● **About this task**
Every line below that mentions the word "resources" should be copied out.

· · · · · · ·

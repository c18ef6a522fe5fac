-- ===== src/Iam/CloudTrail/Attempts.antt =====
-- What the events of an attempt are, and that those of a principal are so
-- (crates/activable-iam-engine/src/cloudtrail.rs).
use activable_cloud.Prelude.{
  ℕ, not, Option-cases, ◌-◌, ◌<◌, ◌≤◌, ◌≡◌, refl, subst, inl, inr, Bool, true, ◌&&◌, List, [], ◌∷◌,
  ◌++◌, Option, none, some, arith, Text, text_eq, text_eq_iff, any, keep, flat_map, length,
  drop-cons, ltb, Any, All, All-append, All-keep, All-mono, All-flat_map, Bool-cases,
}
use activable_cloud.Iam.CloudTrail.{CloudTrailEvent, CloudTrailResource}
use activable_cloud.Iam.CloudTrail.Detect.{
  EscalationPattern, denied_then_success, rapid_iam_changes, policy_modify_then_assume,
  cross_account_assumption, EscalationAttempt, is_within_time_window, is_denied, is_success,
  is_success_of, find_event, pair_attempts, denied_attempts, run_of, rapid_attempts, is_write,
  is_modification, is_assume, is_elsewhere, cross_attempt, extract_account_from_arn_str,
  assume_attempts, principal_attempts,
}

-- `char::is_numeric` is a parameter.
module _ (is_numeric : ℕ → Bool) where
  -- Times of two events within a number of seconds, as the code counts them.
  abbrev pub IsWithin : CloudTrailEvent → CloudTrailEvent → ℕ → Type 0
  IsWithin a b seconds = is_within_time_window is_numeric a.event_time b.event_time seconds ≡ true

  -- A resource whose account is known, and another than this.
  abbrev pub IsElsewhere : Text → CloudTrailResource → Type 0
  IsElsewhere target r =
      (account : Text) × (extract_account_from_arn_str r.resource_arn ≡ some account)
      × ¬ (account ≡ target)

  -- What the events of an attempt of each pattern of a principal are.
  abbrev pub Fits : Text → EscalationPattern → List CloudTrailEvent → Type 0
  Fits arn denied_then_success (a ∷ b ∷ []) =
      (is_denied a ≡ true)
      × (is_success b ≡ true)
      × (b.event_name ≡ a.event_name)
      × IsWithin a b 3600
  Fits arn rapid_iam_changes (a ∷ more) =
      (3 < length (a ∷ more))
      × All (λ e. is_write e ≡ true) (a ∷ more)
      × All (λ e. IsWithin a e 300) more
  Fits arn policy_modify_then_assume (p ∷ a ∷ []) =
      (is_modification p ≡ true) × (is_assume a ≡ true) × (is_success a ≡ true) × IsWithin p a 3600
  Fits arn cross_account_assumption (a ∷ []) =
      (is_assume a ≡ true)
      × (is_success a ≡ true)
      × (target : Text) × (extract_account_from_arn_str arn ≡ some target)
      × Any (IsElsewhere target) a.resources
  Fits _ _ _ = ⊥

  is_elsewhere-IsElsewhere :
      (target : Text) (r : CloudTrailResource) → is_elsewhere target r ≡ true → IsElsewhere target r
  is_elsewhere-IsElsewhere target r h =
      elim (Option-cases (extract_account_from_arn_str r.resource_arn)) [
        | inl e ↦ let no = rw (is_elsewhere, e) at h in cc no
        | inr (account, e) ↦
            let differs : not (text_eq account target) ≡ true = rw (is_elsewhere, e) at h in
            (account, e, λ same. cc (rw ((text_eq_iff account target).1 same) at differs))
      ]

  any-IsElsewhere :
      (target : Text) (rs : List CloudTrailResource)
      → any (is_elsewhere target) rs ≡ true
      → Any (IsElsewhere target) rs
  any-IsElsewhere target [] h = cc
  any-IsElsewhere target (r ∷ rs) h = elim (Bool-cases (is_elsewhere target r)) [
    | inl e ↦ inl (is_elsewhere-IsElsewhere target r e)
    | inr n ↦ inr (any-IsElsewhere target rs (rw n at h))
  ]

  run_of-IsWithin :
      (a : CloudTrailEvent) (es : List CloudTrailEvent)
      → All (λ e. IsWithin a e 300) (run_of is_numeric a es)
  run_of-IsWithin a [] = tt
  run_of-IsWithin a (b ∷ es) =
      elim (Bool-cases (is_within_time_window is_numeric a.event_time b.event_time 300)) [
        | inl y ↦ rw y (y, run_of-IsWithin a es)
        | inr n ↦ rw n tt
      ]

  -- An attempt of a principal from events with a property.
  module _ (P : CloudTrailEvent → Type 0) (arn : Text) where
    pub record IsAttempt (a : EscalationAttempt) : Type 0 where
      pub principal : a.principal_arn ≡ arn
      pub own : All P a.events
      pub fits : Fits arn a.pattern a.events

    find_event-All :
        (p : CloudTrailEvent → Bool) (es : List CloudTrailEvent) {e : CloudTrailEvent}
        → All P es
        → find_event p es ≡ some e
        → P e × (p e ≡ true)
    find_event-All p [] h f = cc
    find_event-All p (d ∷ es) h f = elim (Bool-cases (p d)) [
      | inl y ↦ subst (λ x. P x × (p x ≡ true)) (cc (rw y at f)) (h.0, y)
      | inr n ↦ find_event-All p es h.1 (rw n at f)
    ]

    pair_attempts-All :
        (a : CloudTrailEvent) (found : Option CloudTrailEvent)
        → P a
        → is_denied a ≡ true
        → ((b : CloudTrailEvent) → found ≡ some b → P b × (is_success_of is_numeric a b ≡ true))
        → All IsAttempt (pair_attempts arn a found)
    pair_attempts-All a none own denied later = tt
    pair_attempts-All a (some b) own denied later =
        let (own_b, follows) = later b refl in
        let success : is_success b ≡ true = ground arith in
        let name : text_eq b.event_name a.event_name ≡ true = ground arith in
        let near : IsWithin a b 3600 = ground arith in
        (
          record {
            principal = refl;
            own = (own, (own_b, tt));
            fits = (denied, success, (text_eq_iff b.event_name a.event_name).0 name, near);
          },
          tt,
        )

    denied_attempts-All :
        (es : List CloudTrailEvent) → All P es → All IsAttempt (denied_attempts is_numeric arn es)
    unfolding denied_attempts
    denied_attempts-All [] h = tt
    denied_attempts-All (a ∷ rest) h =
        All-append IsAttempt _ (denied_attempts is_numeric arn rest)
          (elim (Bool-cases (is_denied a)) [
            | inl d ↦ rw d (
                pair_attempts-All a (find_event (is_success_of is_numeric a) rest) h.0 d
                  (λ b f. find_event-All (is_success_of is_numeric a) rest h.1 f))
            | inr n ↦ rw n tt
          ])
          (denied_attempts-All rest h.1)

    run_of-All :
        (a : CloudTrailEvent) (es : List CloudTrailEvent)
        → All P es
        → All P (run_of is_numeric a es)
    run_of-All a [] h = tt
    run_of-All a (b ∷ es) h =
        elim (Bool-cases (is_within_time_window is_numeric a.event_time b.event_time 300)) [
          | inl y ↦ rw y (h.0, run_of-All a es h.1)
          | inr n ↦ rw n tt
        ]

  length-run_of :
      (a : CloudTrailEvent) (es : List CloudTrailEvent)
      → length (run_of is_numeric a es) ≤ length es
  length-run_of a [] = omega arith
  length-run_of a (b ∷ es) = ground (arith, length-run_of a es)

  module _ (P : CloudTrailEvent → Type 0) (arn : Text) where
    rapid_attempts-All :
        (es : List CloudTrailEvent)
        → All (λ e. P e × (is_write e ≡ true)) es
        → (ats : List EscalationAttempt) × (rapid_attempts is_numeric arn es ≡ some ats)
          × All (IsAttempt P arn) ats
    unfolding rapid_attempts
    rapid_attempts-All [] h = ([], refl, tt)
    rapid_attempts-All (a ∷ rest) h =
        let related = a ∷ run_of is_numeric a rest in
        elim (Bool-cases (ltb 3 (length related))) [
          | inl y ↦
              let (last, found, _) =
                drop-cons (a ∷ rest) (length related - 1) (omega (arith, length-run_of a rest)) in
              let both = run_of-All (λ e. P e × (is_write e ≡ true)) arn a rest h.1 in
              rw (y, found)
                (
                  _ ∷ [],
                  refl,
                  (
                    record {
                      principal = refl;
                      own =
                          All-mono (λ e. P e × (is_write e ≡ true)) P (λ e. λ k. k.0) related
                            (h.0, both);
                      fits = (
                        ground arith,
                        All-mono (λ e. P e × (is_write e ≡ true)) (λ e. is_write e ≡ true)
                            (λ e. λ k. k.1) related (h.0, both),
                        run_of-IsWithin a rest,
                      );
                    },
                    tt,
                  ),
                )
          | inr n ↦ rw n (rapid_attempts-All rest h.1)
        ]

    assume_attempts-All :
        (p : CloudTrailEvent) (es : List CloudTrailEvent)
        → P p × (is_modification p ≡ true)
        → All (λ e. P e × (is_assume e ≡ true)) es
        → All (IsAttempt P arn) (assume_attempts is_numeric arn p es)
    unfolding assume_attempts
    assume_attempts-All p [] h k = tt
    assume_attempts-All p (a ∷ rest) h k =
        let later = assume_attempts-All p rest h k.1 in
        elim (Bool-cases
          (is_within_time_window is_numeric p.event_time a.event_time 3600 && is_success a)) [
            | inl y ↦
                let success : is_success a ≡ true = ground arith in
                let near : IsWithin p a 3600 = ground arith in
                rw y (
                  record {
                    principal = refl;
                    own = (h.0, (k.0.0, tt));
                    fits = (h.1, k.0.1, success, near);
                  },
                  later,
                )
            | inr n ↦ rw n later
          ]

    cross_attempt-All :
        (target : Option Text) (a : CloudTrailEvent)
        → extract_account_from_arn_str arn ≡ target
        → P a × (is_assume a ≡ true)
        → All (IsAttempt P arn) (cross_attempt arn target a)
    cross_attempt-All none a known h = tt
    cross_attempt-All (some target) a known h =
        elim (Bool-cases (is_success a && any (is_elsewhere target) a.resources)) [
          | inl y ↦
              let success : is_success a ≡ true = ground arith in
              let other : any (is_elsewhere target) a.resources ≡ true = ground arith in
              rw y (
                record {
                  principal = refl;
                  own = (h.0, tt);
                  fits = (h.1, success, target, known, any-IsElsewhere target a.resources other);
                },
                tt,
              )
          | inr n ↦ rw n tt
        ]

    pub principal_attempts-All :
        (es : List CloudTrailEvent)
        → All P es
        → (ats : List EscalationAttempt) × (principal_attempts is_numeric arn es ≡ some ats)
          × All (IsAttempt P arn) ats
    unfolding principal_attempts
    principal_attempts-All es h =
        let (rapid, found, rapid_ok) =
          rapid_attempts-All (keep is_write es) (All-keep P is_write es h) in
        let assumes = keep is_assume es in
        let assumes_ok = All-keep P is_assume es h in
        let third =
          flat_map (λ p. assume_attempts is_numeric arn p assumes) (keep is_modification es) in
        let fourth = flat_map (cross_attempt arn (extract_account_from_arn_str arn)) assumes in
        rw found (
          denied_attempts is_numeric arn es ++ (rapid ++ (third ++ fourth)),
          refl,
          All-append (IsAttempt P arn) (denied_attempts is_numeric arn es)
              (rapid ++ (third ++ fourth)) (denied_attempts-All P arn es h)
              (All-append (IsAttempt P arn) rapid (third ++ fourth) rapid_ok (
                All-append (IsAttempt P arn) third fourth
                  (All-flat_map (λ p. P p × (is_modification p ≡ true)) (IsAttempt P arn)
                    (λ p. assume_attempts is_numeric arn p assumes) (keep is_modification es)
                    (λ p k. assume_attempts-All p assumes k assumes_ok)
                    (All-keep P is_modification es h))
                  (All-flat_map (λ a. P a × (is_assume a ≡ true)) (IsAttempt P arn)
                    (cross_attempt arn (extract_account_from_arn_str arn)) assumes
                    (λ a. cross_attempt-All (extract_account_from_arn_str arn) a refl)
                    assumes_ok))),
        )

· · · · · · ·

● **Solved exercise**
      × Any (IsElsewhere target) a.resources
        elim (Bool-cases (is_success a && any (is_elsewhere target) a.resources)) [
              let other : any (is_elsewhere target) a.resources ≡ true = ground arith in
                  fits = (h.1, success, target, known, any-IsElsewhere target a.resources other);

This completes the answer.